(python-related-procedures)=
In this section, we will show you a few things related specifically to running code reproducibly with Python and Jupyter notebooks. . For more general debugging tips for Python and other computer languages, see our wiki.
Most systems will have the standard Python package installer pip
already installed, so you should be able to use it.
:::{admonition} If pip
is not available...
:class: dropdown
Should for some reason pip
not be installed, you can install pip
into your user library using the procedures outlined at https://pip.pypa.io/en/stable/installation/#ensurepip. In a nutshell, for Linux
python -m ensurepip --upgrade
should work.
:::
You should create a Python environment that is dedicated to the project. See Anaconda instructions as one possible method, venv as another one, though others exist.
Here's venv
version in a nutshell (full guide)
- Ensure
venv
exists:
pip3 install pyenv
- Create a new environment
python3 -m venv /path/to/new/virtual/environment
or if using relative paths
python3 -m venv env
which will create /path/to/new/virtual/environment
or (relative to your current working directory) env
. That directory will now contain all of your project-related Python packages.
To activate:
source env/bin/activate
On Windows Bash (depends on install)
python -m venv env
source env/Scripts/activate
To deactivate:
deactivate
In general, Python code should not have hard-coded paths. Python programs are aware of their own location, and other directories should be relative to that. However, some authors may still follow (econ-specific) norms, and hard-code paths. Similar to our approach for Stata, R, and MATLAB, you can use the rootdir
principle to make the code more portable/dynamic.
In that case, do the following:
Say the author has code like
xlsread('C:\Users\me\submission\AEJMacro\yesterday\data.xlsx')
At the top of the program, add the following lines:
import os
rootdir = os.path.realpath(__file__)
Then, wherever the hard-coded path appears, replace it with:
xlsread(os.path.join(rootdir,'data.xlsx'))
Alternatively, if the author uses a change of working directory, then
import os
os.chdir(os.path.dirname(os.path.abspath(__file__)))
would change the working directory to the location of the file being run.

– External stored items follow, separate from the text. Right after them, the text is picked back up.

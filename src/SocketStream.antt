-- ===== src/SocketStream.antt =====
-- tw/socket_stream.cc and the loop of tw/stream.cc that sends a ByteArray: a stream over a socket.
-- What sendmsg and recvmsg answer is given call by call.
pub mod Sending
pub mod Reading
mod Examples
use tw_server.Base.{
  ℕ, zero, suc, ◌+◌, ◌%◌, ◌^◌, Bool, true, false, not, List, [], ◌∷◌, ◌++◌, Option, none, some,
  take, ◌==◌, if◌then◌else◌, sub64, Outcome, ok, ◌>>=◌,
}
use tw_server.Socket.{Socket, transfer}
use tw_server.ByteArray.{ByteArray, set_position}
use tw_server.ByteArray.Buffers.{get_read_buffers}
use tw_server.ByteArray.Buffers.Gather.{gather}
use tw_server.ByteArray.Buffers.Laws.{nodes}

-- m_socket may be null.
abbrev pub is_connected : Option Socket → Bool
is_connected none = false
is_connected (some s) = s.is_connected

abbrev pub ask : Option Socket → Option ℕ → Option ℕ
ask none answer = none
ask (some s) answer = transfer s answer

-- `setPosition(getPosition() + rt)` where rt is positive; with the result and the bytes moved.
unfoldable pub advance_by : Option ℕ → List ℕ → ByteArray → Outcome (ByteArray × Option ℕ × List ℕ)
advance_by none bytes s = ok (s, none, [])
advance_by (some zero) bytes s = ok (s, some 0, [])
advance_by (some (suc n)) bytes s =
    set_position (s.position + suc n) s >>= λ s'. ok (s', some (suc n), take (suc n) bytes)

-- `write(ba, length)`: the bytes that the buffers point to, as many as the answer says.
unfoldable pub write_array :
    Option Socket → Option ℕ → ℕ → ByteArray → Outcome (ByteArray × Option ℕ × List ℕ)
unfolding get_read_buffers transfer advance_by
write_array sock answer length s =
    if not (is_connected sock)
    then ok (s, none, [])
    else get_read_buffers length s >>= λ r. advance_by (ask sock answer) (gather (nodes s) (r.0)) s

-- `read(ba, length)`: the list of buffers is empty, so nothing is stored.
unfoldable pub read_array :
    Option Socket → Option ℕ → ByteArray → Outcome (ByteArray × Option ℕ × List ℕ)
unfolding transfer advance_by
read_array sock answer s =
    if not (is_connected sock) then ok (s, none, []) else advance_by (ask sock answer) [] s

-- How the loop ends: with the length, with the result 0, or not while there are answers.
pub data Written : Type 0 where
  whole : ByteArray → List ℕ → Written
  zero_result : ByteArray → List ℕ → Written
  waiting : Written

-- After one `write` or `read`, whose result is kept in a size_t: only 0 ends the loop.
abbrev pub after_write :
    (ℕ → ByteArray → List ℕ → Outcome Written)
    → ℕ
    → List ℕ
    → ByteArray × Option ℕ × List ℕ
    → Outcome Written
after_write again left out (s, none, bytes) = again ((left + 1) % 2 ^ 64) s out
after_write again left out (s, some zero, bytes) = ok (zero_result s out)
after_write again left out (s, some (suc n), bytes) = again (sub64 left (suc n)) s (out ++ bytes)

-- `writeFixSize(ba, length)`: `out` is what has been sent.
unfoldable pub write_fix_size_array :
    Option Socket → List (Option ℕ) → ℕ → ByteArray → List ℕ → Outcome Written
unfolding write_array
write_fix_size_array sock [] left s out = ok (if left == 0 then whole s out else waiting)
write_fix_size_array sock (a ∷ script) left s out =
    let more =
      write_array sock a left s >>= after_write (write_fix_size_array sock script) left out in
    if left == 0 then ok (whole s out) else more

-- `readFixSize(ba, length)`, which stores nothing.
unfoldable pub read_fix_size_array :
    Option Socket → List (Option ℕ) → ℕ → ByteArray → Outcome Written
unfolding read_array
read_fix_size_array sock [] left s = ok (if left == 0 then whole s [] else waiting)
read_fix_size_array sock (a ∷ script) left s =
    let more =
      read_array sock a s
      >>= after_write (λ n s' out. read_fix_size_array sock script n s') left [] in
    if left == 0 then ok (whole s []) else more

Sometimes, authors will list the packages they used. There are a few options:
If the authors provide a requirements.txt
file, you can install all the packages at once. From an appropriate terminal, run:
pip install -r requirements.txt
If the authors provide an environment.yml
file, they used Conda as the Python system manager. From an appropriate terminal, run:
conda env create -f environment.yml
If the authors provide a list of packages, the easiest way is to create a simple requirements.txt
file with a text editor (e.g., VS Code), then proceed as with the first option.
This is known to work on CISER (CCSS-Classic).

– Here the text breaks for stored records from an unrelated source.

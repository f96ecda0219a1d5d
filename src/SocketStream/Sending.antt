-- ===== src/SocketStream/Sending.antt =====
-- A ByteArray sent whole in pieces (tw/socket_stream.cc, tw/stream.cc).
use tw_server.Base.{
  ℕ, zero, suc, ◌+◌, ◌≤◌, ◌≡◌, refl, ap, sym, ◌∙◌, true, false, List, [], ◌∷◌, ◌++◌, append_assoc,
  append-nil, Option, some, take, drop, ◌==◌, sub64, ok, fail, Outcome, arith,
}
use tw_server.Socket.{Socket, transfer}
use tw_server.ByteArray.{ByteArray}
use tw_server.ByteArray.Bytes.{slice}
use tw_server.ByteArray.Invariant.{IsValid, memory}
use tw_server.ByteArray.Room.{content}
use tw_server.ByteArray.ReadLaws.{read-ReadAt}
use tw_server.ByteArray.Seek.{set_position-At}
use tw_server.ByteArray.Buffers.Gather.{gather}
use tw_server.ByteArray.Buffers.Laws.{nodes, get_read_buffers_lem}
use tw_server.SocketStream.{whole, advance_by, write_array, write_fix_size_array}

take-nil : (n : ℕ) → take {A = ℕ} n [] ≡ []
take-nil zero = refl
take-nil (suc n) = refl

drop-nil : (n : ℕ) → drop {A = ℕ} n [] ≡ []
drop-nil zero = refl
drop-nil (suc n) = refl

suc_add : (k r : ℕ) → suc k + r ≡ suc (k + r)
suc_add k r = omega arith

take_split : (k r : ℕ) (xs : List ℕ) → take (k + r) xs ≡ take k xs ++ take r (drop k xs)
take_split zero r xs = let e : 0 + r ≡ r = omega arith in ap (λ n. take n xs) e
take_split (suc k) r [] = take-nil (suc k + r) ∙ sym (take-nil r)
take_split (suc k) r (x ∷ xs) =
    ap (λ n. take n (x ∷ xs)) (suc_add k r) ∙ ap (λ t. x ∷ t) (take_split k r xs)

drop_sum : (i k : ℕ) (xs : List ℕ) → drop (i + k) xs ≡ drop k (drop i xs)
drop_sum zero k xs = let e : 0 + k ≡ k = omega arith in ap (λ n. drop n xs) e
drop_sum (suc i) k [] = drop-nil (suc i + k) ∙ sym (drop-nil k)
drop_sum (suc i) k (x ∷ xs) = ap (λ n. drop n (x ∷ xs)) (suc_add i k) ∙ drop_sum i k xs

take-take : (k r : ℕ) (xs : List ℕ) → take k (take (k + r) xs) ≡ take k xs
take-take zero r xs = refl
take-take (suc k) r [] = ap (take (suc k)) (take-nil (suc k + r))
take-take (suc k) r (x ∷ xs) =
    ap (λ n. take (suc k) (take n (x ∷ xs))) (suc_add k r) ∙ ap (λ t. x ∷ t) (take-take k r xs)

slice_split : (i k r : ℕ) (xs : List ℕ) → slice i (k + r) xs ≡ slice i k xs ++ slice (i + k) r xs
slice_split i k r xs =
    take_split k r (drop i xs) ∙ ap (λ t. slice i k xs ++ take r t) (sym (drop_sum i k xs))

-- Counts of bytes, each a predecessor.
abbrev pub total : List ℕ → ℕ
total [] = 0
total (k ∷ ks) = suc k + total ks

abbrev pub counts : List ℕ → List (Option ℕ)
counts [] = []
counts (k ∷ ks) = some (suc k) ∷ counts ks

outcome_path {ℓ} : {A : Type ℓ} (f : A) {a b : A} → ◌≡◌ {A = Outcome A} (ok a) (ok b) → a ≡ b
outcome_path {A = A} f e = ap (λ o. elim o [ ok x ↦ x | fail e ↦ f ]) e

-- One `write` that sends `suc k` of `suc k + r` bytes.
sends :
    (sock : Socket) (k r : ℕ) (s : ByteArray)
    → sock.is_connected ≡ true
    → IsValid s
    → s.position + (suc k + r) ≤ s.size
    → (s' : ByteArray) × (write_array (some sock) (some (suc k)) (suc k + r) s
        ≡ ok (s', some (suc k), slice s.position (suc k) (content s)))
      × IsValid s'
      × (s'.position ≡ s.position + suc k)
      × (s'.size ≡ s.size)
      × (content s' ≡ content s)
unfolding write_array transfer advance_by
sends sock k r s on v fits =
    let n = suc k + r in
    let (iovs, s0, run, got, _, _) = get_read_buffers_lem n s v (omega arith) fits in
    let (s0', got', _) = read-ReadAt n s v (omega arith) fits in
    let bytes : gather (nodes s) iovs ≡ slice s.position n (content s) =
      ap (λ p. p.0) (outcome_path ([], s) (sym got ∙ got')) in
    let (s1, moved, at) = set_position-At (s.position + suc k) s v (omega (arith, v.size-le)) in
    let size : s1.size ≡ s.size = omega (arith, at.size_lem) in
    let sent : take (suc k) (gather (nodes s) iovs) ≡ slice s.position (suc k) (content s) =
      ap (take (suc k)) bytes ∙ take-take (suc k) r (drop s.position (content s)) in
    (
      s1,
      rw (on, run, moved, sent) refl,
      at.valid,
      at.position_lem,
      size,
      ap (λ n. take n (memory s1)) size ∙ ap (take s.size) at.memory_same,
    )

-- Where a connected socket accepts the bytes that are left in pieces of at least one byte,
-- `writeFixSize` of a ByteArray sends exactly that many bytes of the content from the position on,
-- in order, and moves the position behind them.
pub write_fix_size_array_whole :
    (sock : Socket) (ks : List ℕ) (s : ByteArray) (out : List ℕ)
    → sock.is_connected ≡ true
    → IsValid s
    → s.position + total ks ≤ s.size
    → (s' : ByteArray) × (write_fix_size_array (some sock) (counts ks) (total ks) s out
        ≡ ok (whole s' (out ++ slice s.position (total ks) (content s))))
      × IsValid s'
      × (s'.position ≡ s.position + total ks)
      × (content s' ≡ content s)
unfolding write_fix_size_array
write_fix_size_array_whole sock [] s out on v fits =
    (s, ap (λ o. ok (whole s o)) (sym (append-nil out)), v, omega arith, refl)
write_fix_size_array_whole sock (k ∷ ks) s out on v fits =
    let n = suc k + total ks in
    let (s1, run, v1, pos, size, same) = sends sock k (total ks) s on v fits in
    let chunk = slice s.position (suc k) (content s) in
    let (s', later, v', pos', same') =
      write_fix_size_array_whole sock ks s1 (out ++ chunk) on v1 (omega arith) in
    let not_done : (n == 0) ≡ false = ground arith in
    let left : sub64 n (suc k) ≡ total ks = ground arith in
    let sent : (out ++ chunk) ++ slice s1.position (total ks) (content s1)
        ≡ out ++ slice s.position n (content s) =
      append_assoc out chunk _
      ∙ ap (λ t. out ++ (chunk ++ t))
          (ap (λ i. slice i (total ks) (content s1)) pos
            ∙ ap (slice (s.position + suc k) (total ks)) same)
      ∙ ap (λ t. out ++ t) (sym (slice_split s.position (suc k) (total ks) (content s))) in
    (
      s',
      rw (not_done, run, left) (later ∙ ap (λ o. ok (whole s' o)) sent),
      v',
      pos' ∙ omega arith,
      same' ∙ same,
    )
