-- ===== src/SocketStream/Examples.antt =====
-- A buffer of four bytes sent in two pieces (tw/socket_stream.cc).
use tw_server.Base.{◌+◌, ◌≡◌, refl, true, [], ◌∷◌, ◌++◌, none, some, ok, arith}
use tw_server.Socket.{Socket, inet}
use tw_server.ByteArray.{ByteArray}
use tw_server.ByteArray.Bytes.{slice}
use tw_server.ByteArray.Invariant.{IsValid}
use tw_server.ByteArray.Room.{content}
use tw_server.SocketStream.{whole, write_fix_size_array}
use tw_server.SocketStream.Sending.{counts, total, write_fix_size_array_whole}

abbrev online : Socket
online = record {
  sock = some 5;
  family = inet;
  is_connected = true;
  local_address = none;
  remote_address = none;
}

abbrev filled : ByteArray
filled = record {
  base_size = 4;
  position = 0;
  capacity = 4;
  size = 4;
  before = [];
  rest = (1 ∷ 2 ∷ 3 ∷ 4 ∷ []) ∷ [];
}

filled-IsValid : IsValid filled
filled-IsValid = record {
  base_pos = omega arith;
  has_root = omega arith;
  sized_before = tt;
  sized_rest = (refl, tt);
  capacity_lem = refl;
  located = (omega arith, omega arith);
  position-le = omega arith;
  size-le = omega arith;
}

-- Three bytes, and then the fourth.
write_fix_size_array_whole_example :
    (s' : ByteArray) × (write_fix_size_array
        (some online)
        (counts (2 ∷ 0 ∷ []))
        (total (2 ∷ 0 ∷ []))
        filled
        []
      ≡ ok (whole s' ([] ++ slice filled.position (total (2 ∷ 0 ∷ [])) (content filled))))
    × IsValid s'
    × (s'.position ≡ filled.position + total (2 ∷ 0 ∷ []))
    × (content s' ≡ content filled)
write_fix_size_array_whole_example =
    write_fix_size_array_whole online (2 ∷ 0 ∷ []) filled [] refl filled-IsValid (omega arith)
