-- ===== src/SocketStream/Reading.antt =====
-- What readFixSize of a ByteArray leaves in it (tw/stream.cc, tw/socket_stream.cc).
use tw_server.Base.{
  ℕ, zero, suc, ◌+◌, ◌≡◌, refl, sym, ◌∙◌, true, List, [], ◌∷◌, Option, none, some, ◌==◌, Outcome,
  ok, fail, ◌>>=◌, Bool-cases, inl, inr, ltb, subst, arith,
}
use tw_server.Socket.{Socket, transfer}
use tw_server.ByteArray.{ByteArray}
use tw_server.ByteArray.Invariant.{IsValid, memory}
use tw_server.ByteArray.Seek.{set_position-At, set_position_too_far}
use tw_server.SocketStream.{
  Written, whole, zero_result, waiting, advance_by, after_write, read_array, read_fix_size_array,
}

-- A call that returns leaves the bytes of the object as they are.
abbrev Keeps : ByteArray → Outcome Written → Type 0
Keeps s (ok (whole s' out)) = memory s' ≡ memory s
Keeps s (ok (zero_result s' out)) = memory s' ≡ memory s
Keeps s (ok waiting) = Unit
Keeps s (fail f) = Unit

abbrev Next : Type 0
Next = ℕ → ByteArray → List ℕ → Outcome Written

Keeps-sym : (s s' : ByteArray) (o : Outcome Written) → memory s' ≡ memory s → Keeps s' o → Keeps s o
Keeps-sym s s' (ok (whole z out)) e k = k ∙ e
Keeps-sym s s' (ok (zero_result z out)) e k = k ∙ e
Keeps-sym s s' (ok waiting) e k = tt
Keeps-sym s s' (fail f) e k = tt

-- The position is moved, where it can be, and the loop goes on.
advance_by-Keeps :
    (answer : Option ℕ) (left : ℕ) (s : ByteArray) (again : Next)
    → IsValid s
    → ((n : ℕ) (s' : ByteArray) → IsValid s' → Keeps s' (again n s' []))
    → Keeps s (advance_by answer [] s >>= after_write again left [])
unfolding advance_by
advance_by-Keeps none left s again v h = h _ s v
advance_by-Keeps (some zero) left s again v h = refl
advance_by-Keeps (some (suc n)) left s again v h =
    elim (Bool-cases (ltb s.capacity (s.position + suc n))) [
      | inl e ↦
          subst
            (λ o. Keeps s ((o >>= λ s'. ok (s', some (suc n), [])) >>= after_write again left []))
            (sym (set_position_too_far (s.position + suc n) s e)) tt
      | inr e ↦
          let (s1, moved, at) = set_position-At (s.position + suc n) s v (ground (arith, e)) in
          subst
            (λ o. Keeps s ((o >>= λ s'. ok (s', some (suc n), [])) >>= after_write again left []))
            (sym moved) (Keeps-sym s s1 (again _ s1 []) at.memory_same (h _ s1 at.valid))
    ]

-- Whatever recvmsg answers, readFixSize of a valid ByteArray stores nothing: where it returns, with
-- the length too, the bytes of the object are those from before.
read_fix_size_array_stores_nothing :
    (sock : Socket) (script : List (Option ℕ)) (left : ℕ) (s : ByteArray)
    → sock.is_connected ≡ true
    → IsValid s
    → Keeps s (read_fix_size_array (some sock) script left s)
unfolding read_fix_size_array read_array transfer
read_fix_size_array_stores_nothing sock [] left s on v = elim (Bool-cases (left == 0)) [
  | inl e ↦ rw e refl
  | inr e ↦ rw e tt
]
read_fix_size_array_stores_nothing sock (a ∷ script) left s on v = elim (Bool-cases (left == 0)) [
  | inl e ↦ rw e refl
  | inr e ↦
      rw (e, on)
        (advance_by-Keeps _ left s (λ n s' out. read_fix_size_array (some sock) script n s') v
          (λ n s' v'. read_fix_size_array_stores_nothing sock script n s' on v'))
]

:::{admonition} This may not be the way it works on CCSS-Cloud. :class: dropdown Needs an update :::
If using the default "Jupyter" link in the Start Menu, the working directory won't be right. Assuming that you have set your Workspace to L:\Documents\Workspace
, the following will create a Jupyter Notebook in the right location (thanks to Louis Liu for creating this Howto)
Search "anaconda prompt" from the start menu. right click on the app when it appears and pin it to the taskbar.
Right click on anaconda prompt in the taskbar (looks like a black window, similar to command line or terminal). Right click on "anaconda powershell prompt" in the tasks menu that pops up, and then properties.
In the properties window, go to the shortcut tab and change the "Start in:" field to U:\Documents\Workspace or whichever directory you keep your bitbucket repos in. Click apply.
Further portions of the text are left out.